*Data under study:*
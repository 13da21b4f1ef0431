-- ===== src/Decoder/Rescue.antt =====
-- The probe keeps what the active backend has been told, and hands it to the next one
-- (mediadecode-ffmpeg/src/decoder/mod.rs).
use mediadecode.Base.{
  ℕ, suc, ◌≤◌, ◌<◌, ◌≡◌, refl, sym, ap, ◌∙◌, subst, inl, inr, Bool, true, false, ◌&&◌, Option, none,
  some, List, [], ◌∷◌, arith, if◌then◌else◌, Option-cases, length, Returns, Returns-bind, Result,
  err,
}
use mediadecode.Decoder.Libav.{AvError, ffmpeg, all_backends_failed, Libav}
use mediadecode.Decoder.Phase.{
  BareVerdict, HwRoute, report, advance, fails_candidate, verdict_routing, hw_route, Failure,
}
use mediadecode.Decoder.Calls.{Answer, follow}
use mediadecode.Decoder.Replay.{Candidate, replay}
use mediadecode.Decoder.Session.{
  ProbeState, VideoDecoder, is_some, ceiling_declination_of, frame_budget_declination_of, hw_exit,
  drop_candidate, commit, try_candidates, advance_probe, route,
}
use mediadecode.Decoder.Promises.{Told, hear_history, hear_history-fresh, OnOk, Promises}
use mediadecode.Decoder.Feeding.{Result-split, Heard, replay-Heard}

module _ (F : Libav) where
  -- The packets that an error hands back are the ones accepted.
  abbrev pub Rescues : List F.Packet → Failure F → Type 0
  Rescues sent (all_backends_failed log unconsumed) = unconsumed ≡ sent
  Rescues sent e = Unit

  abbrev pub Buffers : List F.Packet → Option (ProbeState F) → Type 0
  Buffers sent none = Unit
  Buffers sent (some p) = p.buffered_packets ≡ sent

  -- The backends that are left to try.
  abbrev pub left_of : Option (ProbeState F) → ℕ
  left_of none = 0
  left_of (some p) = length p.remaining_backends

  abbrev pub left : VideoDecoder F → ℕ
  left s = left_of s.probe

  module _ (L : Promises F) where
    -- The active backend has been told what the caller was told is accepted, and so has the probe.
    abbrev pub InStep : Told F.Packet → VideoDecoder F → Type 0
    InStep sent s =
        (L.told s.inner ≡ (sent.0, s.eof_sent)) × Buffers (sent.0) s.probe × (s.eof_sent ≡ sent.1)

    -- What a step of an advance leaves alone.
    abbrev Knows : Told F.Packet → VideoDecoder F → Type 0
    Knows sent s = (L.told s.inner ≡ (sent.0, s.eof_sent)) × (s.eof_sent ≡ sent.1)

    told-ceiling_declination_of : (c : F.Context) → L.told (ceiling_declination_of F c).0 ≡ L.told c
    unfolding ceiling_declination_of
    told-ceiling_declination_of c = ground (arith, L.told_ceiling c)

    told-frame_budget_declination_of :
        (c : F.Context) → L.told (frame_budget_declination_of F c).0 ≡ L.told c
    unfolding frame_budget_declination_of
    told-frame_budget_declination_of c = ground (arith, L.told_budget c)

    pub told-hw_exit : (c : F.Context) (e : Failure F) → L.told (hw_exit F c e).0 ≡ L.told c
    unfolding hw_exit
    told-hw_exit c e = ground (
      arith,
      told-ceiling_declination_of c,
      told-frame_budget_declination_of (ceiling_declination_of F c).0,
    )

    pub hw_exit-Rescues :
        (sent : List F.Packet) (c : F.Context) (e : Failure F)
        → Rescues sent e
        → Rescues sent (hw_exit F c e).1
    unfolding hw_exit ceiling_declination_of frame_budget_declination_of
    hw_exit-Rescues sent c e h = ground arith

    -- An advance that fails hands the history back; one that succeeds leaves fewer backends.
    abbrev pub Advanced : Told F.Packet → ℕ → VideoDecoder F × Option (Failure F) → Type 0
    Advanced sent most (s, none) = InStep sent s × (left s < most)
    Advanced sent most (s, some e) = InStep sent s × Rescues (sent.0) e

    -- A candidate whose replay ended well is installed as told; another is dropped.
    after_replay-Advanced :
        (rounds : ℕ) (b : F.Backend) (bs : List F.Backend) (p : ProbeState F) (s : VideoDecoder F)
        (sent : Told F.Packet) (most : ℕ) (c : Candidate F) (r : Candidate F × Option AvError)
        → p.buffered_packets ≡ sent.0
        → Knows sent s
        → length bs < most
        → L.told c.inner ≡ ([], false)
        → ((q : ProbeState F) (t : VideoDecoder F)
            → q.buffered_packets ≡ sent.0
            → Knows sent t
            → Returns (Advanced sent most) (try_candidates F rounds bs q t))
        → Heard F s.caps L (hear_history s.eof_sent p.buffered_packets) c r
        → Returns (Advanced sent most) (elim (r.1) [
          | none ↦ some (commit F b bs p (r.0) s, none)
          | some e ↦
              try_candidates F rounds bs
                (drop_candidate F p b bs (elim ((ceiling_declination_of F (r.0).inner).1) [
                  | none ↦ ffmpeg e
                  | some reason ↦ reason
                ]))
                (record s { world = (r.0).world })
        ])
    unfolding commit
    after_replay-Advanced rounds b bs p s sent most c (d, none) buffered told fewer fresh rest h = (
      (
        h.0
            ∙ ap (hear_history s.eof_sent p.buffered_packets) fresh
            ∙ hear_history-fresh s.eof_sent p.buffered_packets
            ∙ ap (λ l. (l, s.eof_sent)) buffered,
        buffered,
        told.1,
      ),
      fewer,
    )
    after_replay-Advanced rounds b bs p s sent most c (d, some e) buffered told fewer fresh rest h =
        rest _ _ buffered told

    try_candidates-Advanced :
        (rounds : ℕ) (bs : List F.Backend) (p : ProbeState F) (s : VideoDecoder F)
        (sent : Told F.Packet) (most : ℕ)
        → p.buffered_packets ≡ sent.0
        → Knows sent s
        → length bs ≤ most
        → Returns (Advanced sent most) (try_candidates F (suc (suc rounds)) bs p s)
    unfolding try_candidates
    try_candidates-Advanced rounds [] p s sent most buffered told fewer =
        ((told.0, tt, told.1), buffered)
    try_candidates-Advanced rounds (b ∷ bs) p s sent most buffered told fewer =
        let w1 = (F.try_clone_parameters s.world).0 in
        let w2 = (F.build_state b w1).0 in
        let w3 = (F.alloc_av_frame w2).0 in
        elim (Result-split (F.try_clone_parameters s.world).1) [
          | inr (e, cloned) ↦
              rw (cloned, Returns)
                (try_candidates-Advanced rounds bs (drop_candidate F p b bs e)
                  (record s { world = w1 }) sent most buffered told (omega (arith, fewer)))
          | inl (parameters, cloned) ↦ elim (Result-split (F.build_state b w1).1) [
            | inr (e, built) ↦
                rw (cloned, built, Returns)
                  (try_candidates-Advanced rounds bs (drop_candidate F p b bs e)
                    (record s { world = w2 }) sent most buffered told (omega (arith, fewer)))
            | inl (candidate, built) ↦ elim (Option-cases (F.alloc_av_frame w2).1) [
              | inr (e, allocated) ↦
                  rw (cloned, built, allocated, Returns) ((told.0, buffered, told.1), tt)
              | inl allocated ↦
                  let c : Candidate F = record {
                    inner = candidate;
                    pending = [];
                    pending_bytes = 0;
                    world = w3;
                  } in
                  rw (cloned, built, allocated, Returns)
                    (Returns-bind (Heard F s.caps L (hear_history s.eof_sent p.buffered_packets) c)
                      (Advanced sent most)
                      (replay F s.caps (suc (suc rounds)) s.eof_sent p.buffered_packets c) _
                      (replay-Heard F s.caps L rounds s.eof_sent p.buffered_packets c (omega arith))
                      (λ r.
                        after_replay-Advanced (suc (suc rounds)) b bs p s sent most c r buffered
                          told (omega (arith, fewer))
                          (subst (OnOk F (λ d. L.told d ≡ ([], false))) built (L.told_build b w1))
                          (λ q t same known.
                            try_candidates-Advanced rounds bs q t sent most same known
                              (omega (arith, fewer)))))
            ]
          ]
        ]

    advance_probe-Advanced :
        (rounds : ℕ) (e : Failure F) (s : VideoDecoder F) (sent : Told F.Packet) (p : ProbeState F)
        → InStep sent s
        → s.probe ≡ some p
        → Returns
            (Advanced sent (length p.remaining_backends))
            (advance_probe F (suc (suc rounds)) e s)
    unfolding advance_probe
    advance_probe-Advanced rounds e s sent p inv there =
        rw (there, Returns)
          (try_candidates-Advanced rounds p.remaining_backends _ _ sent
            (length p.remaining_backends) (subst (Buffers (sent.0)) there inv.1)
            (told-hw_exit s.inner e ∙ inv.0, inv.2) (omega arith))

    -- A verdict that goes to the caller hands the history back; one goes to the probe only while a
    -- backend is on trial.
    abbrev pub Routed : Told F.Packet → VideoDecoder F → HwRoute (Failure F) → Type 0
    Routed sent s (report e) = Rescues (sent.0) e
    Routed sent s (advance e) = (p : ProbeState F) × (s.probe ≡ some p)

    pub route-Routed :
        (sent : Told F.Packet) (s : VideoDecoder F) (e : Failure F) (bare : BareVerdict)
        → Rescues (sent.0) e
        → Routed sent s (route F s e bare)
    unfolding route hw_route
    route-Routed sent s e bare rescue =
        Routed-if (fails_candidate (verdict_routing e) bare) s.probe refl
      where
        Routed-if :
            (b : Bool) (q : Option (ProbeState F))
            → q ≡ s.probe
            → Routed sent s (if b && is_some F q then advance e else report e)
        Routed-if true (some p) same = (p, sym same)
        Routed-if true none same = rescue
        Routed-if false (some p) same = rescue
        Routed-if false none same = rescue

    -- The calls end with what `Q` says of them when what follows an advance does.
    pub follow-Returns :
        {A : Type 0} (Q : VideoDecoder F × Result (Failure F) A → Type 0) (rounds : ℕ)
        (to : HwRoute (Failure F)) (s : VideoDecoder F) (sent : Told F.Packet)
        (retry : VideoDecoder F → Answer F A)
        → InStep sent s
        → Routed sent s to
        → ((e : Failure F) (t : VideoDecoder F) → InStep sent t → Rescues (sent.0) e → Q (t, err e))
        → ((t : VideoDecoder F) → InStep sent t → left t < left s → Returns Q (retry t))
        → Returns Q (follow F (suc (suc rounds)) to s retry)
    unfolding follow
    follow-Returns Q rounds (report e) s sent retry inv routed failed goes = failed e s inv routed
    follow-Returns Q rounds (advance e) s sent retry inv (p, there) failed goes =
        Returns-bind (Advanced sent (length p.remaining_backends)) Q
          (advance_probe F (suc (suc rounds)) e s) _
          (advance_probe-Advanced rounds e s sent p inv there) (λ r. followed r)
      where
        followed :
            (r : VideoDecoder F × Option (Failure F))
            → Advanced sent (length p.remaining_backends) r
            → Returns Q (elim (r.1) [ some fault ↦ some (r.0, err fault) | none ↦ retry (r.0) ])
        followed (t, none) h = goes t h.0 (subst (λ n. left t < n) (sym (ap left_of there)) h.1)
        followed (t, some fault) h = failed fault t h.0 h.1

*What the task asks:* Look over the material and return every line where the word "then" is found.

*Exercise solution:*
  some, List, [], ◌∷◌, arith, if◌then◌else◌, Option-cases, length, Returns, Returns-bind, Result,
            → Routed sent s (if b && is_some F q then advance e else report e)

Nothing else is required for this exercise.